**TASK DESCRIPTION**. Go through the entries below and print, exactly, the lines starting at the one with "(c : Credentials) × ((decode_credentials" and ending at the one with "(new_user_view (scan_user r)))))", keeping both ends and no others.

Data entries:
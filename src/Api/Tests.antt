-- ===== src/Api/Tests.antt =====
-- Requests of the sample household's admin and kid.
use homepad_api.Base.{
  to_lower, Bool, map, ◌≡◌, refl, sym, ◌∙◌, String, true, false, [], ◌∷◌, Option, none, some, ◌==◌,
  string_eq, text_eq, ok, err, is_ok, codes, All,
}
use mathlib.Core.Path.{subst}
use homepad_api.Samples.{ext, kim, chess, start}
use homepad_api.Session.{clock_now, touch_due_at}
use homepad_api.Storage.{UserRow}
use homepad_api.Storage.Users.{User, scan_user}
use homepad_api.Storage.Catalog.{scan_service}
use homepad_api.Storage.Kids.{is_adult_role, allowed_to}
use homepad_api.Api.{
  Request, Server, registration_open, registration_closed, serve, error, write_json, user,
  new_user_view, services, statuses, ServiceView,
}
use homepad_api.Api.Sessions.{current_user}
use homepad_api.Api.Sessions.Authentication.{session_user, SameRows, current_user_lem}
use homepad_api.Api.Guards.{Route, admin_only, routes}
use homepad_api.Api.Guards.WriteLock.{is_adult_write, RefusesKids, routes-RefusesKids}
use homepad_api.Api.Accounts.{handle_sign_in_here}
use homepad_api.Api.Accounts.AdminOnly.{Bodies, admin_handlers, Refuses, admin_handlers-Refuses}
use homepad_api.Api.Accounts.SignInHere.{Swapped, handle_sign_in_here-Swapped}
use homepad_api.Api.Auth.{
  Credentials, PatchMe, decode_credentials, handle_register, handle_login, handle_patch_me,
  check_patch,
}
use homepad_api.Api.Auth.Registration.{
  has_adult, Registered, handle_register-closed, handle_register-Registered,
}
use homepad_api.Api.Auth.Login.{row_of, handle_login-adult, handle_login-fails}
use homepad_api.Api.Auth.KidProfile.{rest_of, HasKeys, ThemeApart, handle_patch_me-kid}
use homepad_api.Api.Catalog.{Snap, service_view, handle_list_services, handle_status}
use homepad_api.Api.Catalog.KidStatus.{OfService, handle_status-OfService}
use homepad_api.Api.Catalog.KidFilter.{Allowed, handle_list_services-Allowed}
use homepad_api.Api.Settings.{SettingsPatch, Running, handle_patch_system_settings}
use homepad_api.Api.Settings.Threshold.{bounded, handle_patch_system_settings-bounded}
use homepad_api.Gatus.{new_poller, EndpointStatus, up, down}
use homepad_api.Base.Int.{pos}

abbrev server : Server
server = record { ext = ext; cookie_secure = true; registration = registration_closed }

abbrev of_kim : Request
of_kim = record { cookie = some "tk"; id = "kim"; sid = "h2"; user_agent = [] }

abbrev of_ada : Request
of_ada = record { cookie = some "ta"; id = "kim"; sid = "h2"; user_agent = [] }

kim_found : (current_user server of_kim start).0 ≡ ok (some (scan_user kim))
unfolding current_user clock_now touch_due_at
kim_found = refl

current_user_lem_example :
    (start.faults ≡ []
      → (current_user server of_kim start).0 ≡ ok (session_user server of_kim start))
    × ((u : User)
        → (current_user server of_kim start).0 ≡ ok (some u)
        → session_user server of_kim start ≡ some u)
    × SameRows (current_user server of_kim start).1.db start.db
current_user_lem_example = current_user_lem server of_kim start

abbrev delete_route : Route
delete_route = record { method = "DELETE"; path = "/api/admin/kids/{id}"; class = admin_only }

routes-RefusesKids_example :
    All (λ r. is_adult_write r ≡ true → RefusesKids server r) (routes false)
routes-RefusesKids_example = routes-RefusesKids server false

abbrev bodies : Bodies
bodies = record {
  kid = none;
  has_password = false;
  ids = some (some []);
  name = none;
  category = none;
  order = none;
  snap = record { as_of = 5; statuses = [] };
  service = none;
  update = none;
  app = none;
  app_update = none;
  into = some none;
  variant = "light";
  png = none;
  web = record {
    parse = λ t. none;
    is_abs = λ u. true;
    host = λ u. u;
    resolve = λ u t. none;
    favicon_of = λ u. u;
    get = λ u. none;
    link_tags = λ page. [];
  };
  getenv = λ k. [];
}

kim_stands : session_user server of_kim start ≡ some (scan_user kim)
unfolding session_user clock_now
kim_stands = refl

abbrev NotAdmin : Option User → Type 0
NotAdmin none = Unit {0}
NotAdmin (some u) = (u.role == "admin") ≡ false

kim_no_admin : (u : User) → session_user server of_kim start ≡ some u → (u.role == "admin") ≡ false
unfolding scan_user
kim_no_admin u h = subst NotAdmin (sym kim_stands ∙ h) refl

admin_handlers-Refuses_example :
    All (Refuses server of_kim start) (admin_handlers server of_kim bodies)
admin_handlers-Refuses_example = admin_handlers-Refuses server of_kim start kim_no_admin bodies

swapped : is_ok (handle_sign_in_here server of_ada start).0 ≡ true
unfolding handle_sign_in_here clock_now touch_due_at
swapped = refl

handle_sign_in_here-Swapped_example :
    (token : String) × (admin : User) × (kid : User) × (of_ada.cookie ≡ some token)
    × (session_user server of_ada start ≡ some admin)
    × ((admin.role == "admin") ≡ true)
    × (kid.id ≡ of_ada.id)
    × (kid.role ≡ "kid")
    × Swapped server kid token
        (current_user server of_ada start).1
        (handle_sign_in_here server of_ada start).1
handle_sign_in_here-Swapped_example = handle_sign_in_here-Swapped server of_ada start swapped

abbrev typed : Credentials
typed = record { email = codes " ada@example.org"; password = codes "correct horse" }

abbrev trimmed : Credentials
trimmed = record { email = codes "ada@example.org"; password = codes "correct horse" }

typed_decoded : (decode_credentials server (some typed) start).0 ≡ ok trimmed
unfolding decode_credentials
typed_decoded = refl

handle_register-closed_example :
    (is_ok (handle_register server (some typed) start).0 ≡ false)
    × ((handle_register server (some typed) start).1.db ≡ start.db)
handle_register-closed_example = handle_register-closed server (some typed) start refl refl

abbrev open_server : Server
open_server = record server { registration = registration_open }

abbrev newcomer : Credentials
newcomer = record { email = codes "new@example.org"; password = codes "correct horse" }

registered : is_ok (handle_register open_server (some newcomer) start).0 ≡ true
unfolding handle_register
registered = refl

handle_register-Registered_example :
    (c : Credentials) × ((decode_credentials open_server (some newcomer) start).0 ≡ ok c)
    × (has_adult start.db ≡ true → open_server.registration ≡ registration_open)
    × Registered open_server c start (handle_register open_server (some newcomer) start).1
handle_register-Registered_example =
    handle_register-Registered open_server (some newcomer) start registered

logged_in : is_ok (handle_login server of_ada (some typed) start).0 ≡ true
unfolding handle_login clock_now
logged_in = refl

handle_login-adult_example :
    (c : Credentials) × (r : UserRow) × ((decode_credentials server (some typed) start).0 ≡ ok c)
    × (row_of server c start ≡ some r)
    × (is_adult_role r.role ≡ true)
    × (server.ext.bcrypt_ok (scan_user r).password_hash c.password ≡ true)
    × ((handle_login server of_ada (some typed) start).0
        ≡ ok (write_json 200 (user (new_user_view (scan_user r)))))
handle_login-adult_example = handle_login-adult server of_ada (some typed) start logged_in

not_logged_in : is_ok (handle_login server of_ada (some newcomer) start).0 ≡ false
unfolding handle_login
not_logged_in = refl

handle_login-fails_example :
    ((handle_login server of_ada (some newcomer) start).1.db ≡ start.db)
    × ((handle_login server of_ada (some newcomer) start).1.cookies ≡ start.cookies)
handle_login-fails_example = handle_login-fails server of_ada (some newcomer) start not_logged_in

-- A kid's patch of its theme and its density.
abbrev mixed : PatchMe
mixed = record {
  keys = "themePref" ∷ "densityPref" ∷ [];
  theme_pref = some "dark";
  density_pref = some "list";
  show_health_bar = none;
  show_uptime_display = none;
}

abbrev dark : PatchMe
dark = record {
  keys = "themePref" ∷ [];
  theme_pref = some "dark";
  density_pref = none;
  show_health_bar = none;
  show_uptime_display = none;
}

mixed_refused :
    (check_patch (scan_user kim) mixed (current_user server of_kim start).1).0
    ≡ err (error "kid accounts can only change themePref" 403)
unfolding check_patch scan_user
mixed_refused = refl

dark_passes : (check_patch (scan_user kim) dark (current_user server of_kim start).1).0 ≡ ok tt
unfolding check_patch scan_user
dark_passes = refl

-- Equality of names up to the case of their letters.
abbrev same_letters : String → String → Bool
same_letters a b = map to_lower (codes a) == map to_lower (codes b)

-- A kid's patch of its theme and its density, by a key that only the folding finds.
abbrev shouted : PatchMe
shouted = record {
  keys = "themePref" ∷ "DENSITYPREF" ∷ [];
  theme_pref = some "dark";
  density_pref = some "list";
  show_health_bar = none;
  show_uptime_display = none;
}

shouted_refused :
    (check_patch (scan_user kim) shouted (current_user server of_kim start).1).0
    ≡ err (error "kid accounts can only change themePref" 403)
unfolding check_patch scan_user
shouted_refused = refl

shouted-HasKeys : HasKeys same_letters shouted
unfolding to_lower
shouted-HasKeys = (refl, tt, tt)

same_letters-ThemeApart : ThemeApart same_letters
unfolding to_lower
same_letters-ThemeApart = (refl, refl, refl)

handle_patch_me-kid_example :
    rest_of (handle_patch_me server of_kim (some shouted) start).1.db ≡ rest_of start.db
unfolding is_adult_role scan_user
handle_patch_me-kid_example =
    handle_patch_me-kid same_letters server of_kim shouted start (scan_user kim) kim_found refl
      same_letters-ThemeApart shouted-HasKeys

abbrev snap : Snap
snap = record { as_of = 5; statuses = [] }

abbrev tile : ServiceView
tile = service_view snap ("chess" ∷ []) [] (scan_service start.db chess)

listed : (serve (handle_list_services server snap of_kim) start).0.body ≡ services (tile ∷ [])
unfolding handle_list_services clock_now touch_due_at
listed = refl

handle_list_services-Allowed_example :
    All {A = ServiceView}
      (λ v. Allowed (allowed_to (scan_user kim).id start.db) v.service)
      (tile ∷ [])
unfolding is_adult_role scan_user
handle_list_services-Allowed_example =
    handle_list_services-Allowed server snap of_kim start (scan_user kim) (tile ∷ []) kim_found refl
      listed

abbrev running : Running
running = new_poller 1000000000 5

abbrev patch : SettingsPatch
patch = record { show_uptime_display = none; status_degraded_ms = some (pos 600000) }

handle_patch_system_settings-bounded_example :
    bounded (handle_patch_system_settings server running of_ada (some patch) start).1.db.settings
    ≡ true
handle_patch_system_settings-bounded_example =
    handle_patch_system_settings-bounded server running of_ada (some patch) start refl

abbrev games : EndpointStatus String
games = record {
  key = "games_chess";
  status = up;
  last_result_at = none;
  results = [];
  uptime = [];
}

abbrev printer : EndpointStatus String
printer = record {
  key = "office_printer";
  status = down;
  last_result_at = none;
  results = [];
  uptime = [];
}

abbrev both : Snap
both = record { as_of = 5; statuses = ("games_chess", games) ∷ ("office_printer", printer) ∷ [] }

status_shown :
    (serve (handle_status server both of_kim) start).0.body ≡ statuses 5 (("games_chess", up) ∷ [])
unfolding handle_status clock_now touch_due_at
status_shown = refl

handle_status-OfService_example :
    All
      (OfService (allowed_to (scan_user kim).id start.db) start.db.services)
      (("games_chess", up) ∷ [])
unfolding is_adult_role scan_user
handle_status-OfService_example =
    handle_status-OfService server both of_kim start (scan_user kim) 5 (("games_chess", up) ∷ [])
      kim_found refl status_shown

**YOUR SOLUTION**.
    (c : Credentials) × ((decode_credentials open_server (some newcomer) start).0 ≡ ok c)
    × (has_adult start.db ≡ true → open_server.registration ≡ registration_open)
    × Registered open_server c start (handle_register open_server (some newcomer) start).1
handle_register-Registered_example =
    handle_register-Registered open_server (some newcomer) start registered

logged_in : is_ok (handle_login server of_ada (some typed) start).0 ≡ true
unfolding handle_login clock_now
logged_in = refl

handle_login-adult_example :
    (c : Credentials) × (r : UserRow) × ((decode_credentials server (some typed) start).0 ≡ ok c)
    × (row_of server c start ≡ some r)
    × (is_adult_role r.role ≡ true)
    × (server.ext.bcrypt_ok (scan_user r).password_hash c.password ≡ true)
    × ((handle_login server of_ada (some typed) start).0
        ≡ ok (write_json 200 (user (new_user_view (scan_user r)))))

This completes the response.